-- ===== src/Tagging/Bloom.antt =====
-- The filters of a reading never deny a tag that has been put in.
use vislcg.Base.{Bool-cases, ℕ, zero, suc, ◌≡◌, refl, inl, inr, Bool, true, arith}
use vislcg.Tagging.{Bloomish, join_bits, bloom_insert, has_bits, bloom_matches}
use vislcg.Binary.Fields.{bit}

has_bits_own : (k : ℕ) (value : ℕ → Bool) (v : ℕ) → has_bits k (join_bits value v) v ≡ true
unfolding has_bits join_bits
has_bits_own zero value v = refl
has_bits_own (suc k) value v = ground (arith, has_bits_own k value v)

has_bits_join :
    (k : ℕ) (value : ℕ → Bool) (v u : ℕ)
    → has_bits k value u ≡ true
    → has_bits k (join_bits value v) u ≡ true
unfolding has_bits join_bits
has_bits_join zero value v u e = refl
has_bits_join (suc k) value v u e = ground (arith, e, has_bits_join k value v u)

-- A value that has been inserted matches.
pub bloom_matches-bloom_insert : (b : Bloomish) (v : ℕ) → bloom_matches (bloom_insert b v) v ≡ true
unfolding bloom_matches bloom_insert
bloom_matches-bloom_insert b v = elim (Bool-cases (bit v 2)) [
  | inl h ↦ rw (h) (has_bits_own 32 b.value3 v)
  | inr h ↦ elim (Bool-cases (bit v 1)) [
    | inl k ↦ rw (h, k) (has_bits_own 32 b.value2 v)
    | inr k ↦ elim (Bool-cases (bit v 0)) [
      | inl l ↦ rw (h, k, l) (has_bits_own 32 b.value1 v)
      | inr l ↦ rw (h, k, l) (has_bits_own 32 b.value0 v)
    ]
  ]
]

-- Where each word keeps the bits it had, the filter matches what it matched.
slots_keep :
    (u : ℕ) (d' c' b' a' d c b a : ℕ → Bool)
    → (has_bits 32 d u ≡ true → has_bits 32 d' u ≡ true)
    → (has_bits 32 c u ≡ true → has_bits 32 c' u ≡ true)
    → (has_bits 32 b u ≡ true → has_bits 32 b' u ≡ true)
    → (has_bits 32 a u ≡ true → has_bits 32 a' u ≡ true)
    → bloom_matches (record { value3 = d; value2 = c; value1 = b; value0 = a }) u ≡ true
    → bloom_matches (record { value3 = d'; value2 = c'; value1 = b'; value0 = a' }) u ≡ true
unfolding bloom_matches
slots_keep u d' c' b' a' d c b a f g h i e = elim (Bool-cases (bit u 2)) [
  | inl p ↦ rw (p) (f (rw (p) at e))
  | inr p ↦ elim (Bool-cases (bit u 1)) [
    | inl q ↦ rw (p, q) (g (rw (p, q) at e))
    | inr q ↦ elim (Bool-cases (bit u 0)) [
      | inl r ↦ rw (p, q, r) (h (rw (p, q, r) at e))
      | inr r ↦ rw (p, q, r) (i (rw (p, q, r) at e))
    ]
  ]
]

-- A value that matched still does when another has been inserted.
pub bloom_matches_keeps :
    (b : Bloomish) (v u : ℕ) → bloom_matches b u ≡ true → bloom_matches (bloom_insert b v) u ≡ true
unfolding bloom_matches bloom_insert
bloom_matches_keeps b v u e = elim (Bool-cases (bit v 2)) [
  | inl h ↦ rw (h) (
      slots_keep u _ _ _ _ b.value3 b.value2 b.value1 b.value0 (has_bits_join 32 b.value3 v u)
        (λ x. x) (λ x. x) (λ x. x) e)
  | inr h ↦ elim (Bool-cases (bit v 1)) [
    | inl k ↦
        rw (h, k)
          (slots_keep u _ _ _ _ b.value3 b.value2 b.value1 b.value0 (λ x. x)
            (has_bits_join 32 b.value2 v u) (λ x. x) (λ x. x) e)
    | inr k ↦ elim (Bool-cases (bit v 0)) [
      | inl l ↦
          rw (h, k, l)
            (slots_keep u _ _ _ _ b.value3 b.value2 b.value1 b.value0 (λ x. x) (λ x. x)
              (has_bits_join 32 b.value1 v u) (λ x. x) e)
      | inr l ↦
          rw (h, k, l)
            (slots_keep u _ _ _ _ b.value3 b.value2 b.value1 b.value0 (λ x. x) (λ x. x) (λ x. x)
              (has_bits_join 32 b.value0 v u) e)
    ]
  ]
]
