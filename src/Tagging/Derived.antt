-- ===== src/Tagging/Derived.antt =====
-- The vectors that a reading derives from its list of tags, and the filters over them.
use vislcg.Base.{
  ◌==◌, Bool-cases, ℕ, ◌≡◌, inl, inr, Bool, true, false, not, ◌&&◌, ◌||◌, List, [], ◌∷◌, ◌++◌,
  arith,
}
use vislcg.SortedVector
use vislcg.SortedVector.{elem, sorted_insert_lem, sorted_erase_lem}
use vislcg.Tagging.{
  Bloomish, bloom_insert, bloom_matches, Environment, Reading, insert_hash, erase_hash, erase_all,
  textual,
}
use vislcg.Tagging.Bloom.{bloom_matches-bloom_insert, bloom_matches_keeps}

-- An ascending vector that holds the tags of the list for which the test says so.
pub record IsDerived (chosen : ℕ → Bool) (list tags : List ℕ) : Type 0 where
  pub sorted : SortedVector.IsSorted tags
  pub members : (q : ℕ) → elem q tags ≡ (elem q list && chosen q)

-- A filter that matches each of the tags.
abbrev pub Covers : Bloomish → List ℕ → Type 0
Covers b tags = (q : ℕ) → elem q tags ≡ true → bloom_matches b q ≡ true

-- The vectors of a reading hold the tags of lists, and its filters deny none of them.
pub record Holds (env : Environment) (list plains texts numbers : List ℕ) (r : Reading)
    : Type 0 where
  pub listed : r.tags_list ≡ list
  pub tags : IsDerived (λ q. true) list r.tags
  pub plain : IsDerived (λ q. not (env.tag q).is_special) plains r.tags_plain
  pub textuals : IsDerived (λ q. textual (env.tag q)) texts r.tags_textual
  pub numericals : IsDerived (λ q. (env.tag q).is_numerical) numbers r.tags_numerical
  pub tags_covered : Covers r.tags_bloom r.tags
  pub plain_covered : Covers r.tags_plain_bloom r.tags_plain
  pub texts_covered : Covers r.tags_textual_bloom r.tags_textual

-- The vectors of a reading hold the tags of its list, all of them, the plain, the textual and the numerical ones, and its filters
-- deny none of them.
abbrev pub IsReading : Environment → Reading → Type 0
IsReading env r = Holds env r.tags_list r.tags_list r.tags_list r.tags_list r

elem_snoc : (q h : ℕ) (xs : List ℕ) → elem q (xs ++ h ∷ []) ≡ (q == h || elem q xs)
elem_snoc q h [] = ground arith
elem_snoc q h (x ∷ xs) = ground (arith, elem_snoc q h xs)

pub elem-erase_all : (q h : ℕ) (xs : List ℕ) → elem q (erase_all xs h) ≡ (not (q == h) && elem q xs)
unfolding erase_all
elem-erase_all q h [] = ground arith
elem-erase_all q h (x ∷ xs) = ground (arith, elem-erase_all q h xs)

same_number : (q h : ℕ) → (q == h) ≡ true → q ≡ h
same_number q h e = ground (arith, e)

same_choice :
    (chosen : ℕ → Bool) (q h : ℕ) (b : Bool) → chosen h ≡ b → (q == h) ≡ true → chosen q ≡ b
same_choice chosen q h b c e = rw (same_number q h e) c

inserted :
    (chosen : ℕ → Bool) (list tags : List ℕ) (h : ℕ)
    → chosen h ≡ true
    → IsDerived chosen list tags
    → (q : ℕ) → elem q (SortedVector.insert tags h).0 ≡ (elem q (list ++ h ∷ []) && chosen q)
inserted chosen list tags h c d q = elim (Bool-cases (q == h)) [
  | inl e ↦ ground (
    arith,
    (sorted_insert_lem tags h d.sorted).1 q,
    elem_snoc q h list,
    same_choice chosen q h true c e,
    e,
  )
  | inr e ↦
      ground (arith, (sorted_insert_lem tags h d.sorted).1 q, elem_snoc q h list, d.members q, e)
]

other :
    (chosen : ℕ → Bool) (list tags : List ℕ) (h : ℕ)
    → chosen h ≡ false
    → IsDerived chosen list tags
    → (q : ℕ) → elem q tags ≡ (elem q (list ++ h ∷ []) && chosen q)
other chosen list tags h c d q = elim (Bool-cases (q == h)) [
  | inl e ↦ ground (arith, elem_snoc q h list, same_choice chosen q h false c e, d.members q)
  | inr e ↦ ground (arith, elem_snoc q h list, d.members q, e)
]

-- Of a tag that the test chooses, the derived vector gets what the list gets.
pub insert-IsDerived :
    (chosen : ℕ → Bool) (list tags : List ℕ) (h : ℕ)
    → chosen h ≡ true
    → IsDerived chosen list tags
    → IsDerived chosen (list ++ h ∷ []) (insert_hash tags h)
unfolding insert_hash
insert-IsDerived chosen list tags h c d = record {
  sorted = (sorted_insert_lem tags h d.sorted).0;
  members = λ q. inserted chosen list tags h c d q;
}

pub other-IsDerived :
    (chosen : ℕ → Bool) (list tags : List ℕ) (h : ℕ)
    → chosen h ≡ false
    → IsDerived chosen list tags
    → IsDerived chosen (list ++ h ∷ []) tags
other-IsDerived chosen list tags h c d = record {
  sorted = d.sorted;
  members = λ q. other chosen list tags h c d q;
}

pub erase-IsDerived :
    (chosen : ℕ → Bool) (list tags : List ℕ) (h : ℕ)
    → IsDerived chosen list tags
    → IsDerived chosen (erase_all list h) (erase_hash tags h)
unfolding erase_hash
erase-IsDerived chosen list tags h d = record {
  sorted = (sorted_erase_lem tags h d.sorted).0;
  members = λ q.
      ground (arith, (sorted_erase_lem tags h d.sorted).1 q, elem-erase_all q h list, d.members q);
}

pub insert-Covers :
    (b : Bloomish) (tags : List ℕ) (h : ℕ)
    → SortedVector.IsSorted tags
    → Covers b tags
    → Covers (bloom_insert b h) (insert_hash tags h)
unfolding insert_hash
insert-Covers b tags h s c q e = elim (Bool-cases (q == h)) [
  | inl k ↦ rw (same_number q h k) (bloom_matches-bloom_insert b h)
  | inr k ↦ bloom_matches_keeps b h q (c q (ground (arith, (sorted_insert_lem tags h s).1 q, e, k)))
]

pub erase-Covers :
    (b : Bloomish) (tags : List ℕ) (h : ℕ)
    → SortedVector.IsSorted tags
    → Covers b tags
    → Covers b (erase_hash tags h)
unfolding erase_hash
erase-Covers b tags h s c q e = c q (ground (arith, (sorted_erase_lem tags h s).1 q, e))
■ ■ ■ ■
Exactly the lines from the one containing "s).1 q, e, k)))" through the final line of the records must appear in your reply, and no others.

  | inr k ↦ bloom_matches_keeps b h q (c q (ground (arith, (sorted_insert_lem tags h s).1 q, e, k)))
]

pub erase-Covers :
    (b : Bloomish) (tags : List ℕ) (h : ℕ)
    → SortedVector.IsSorted tags
    → Covers b tags
    → Covers b (erase_hash tags h)
unfolding erase_hash
erase-Covers b tags h s c q e = c q (ground (arith, (sorted_erase_lem tags h s).1 q, e))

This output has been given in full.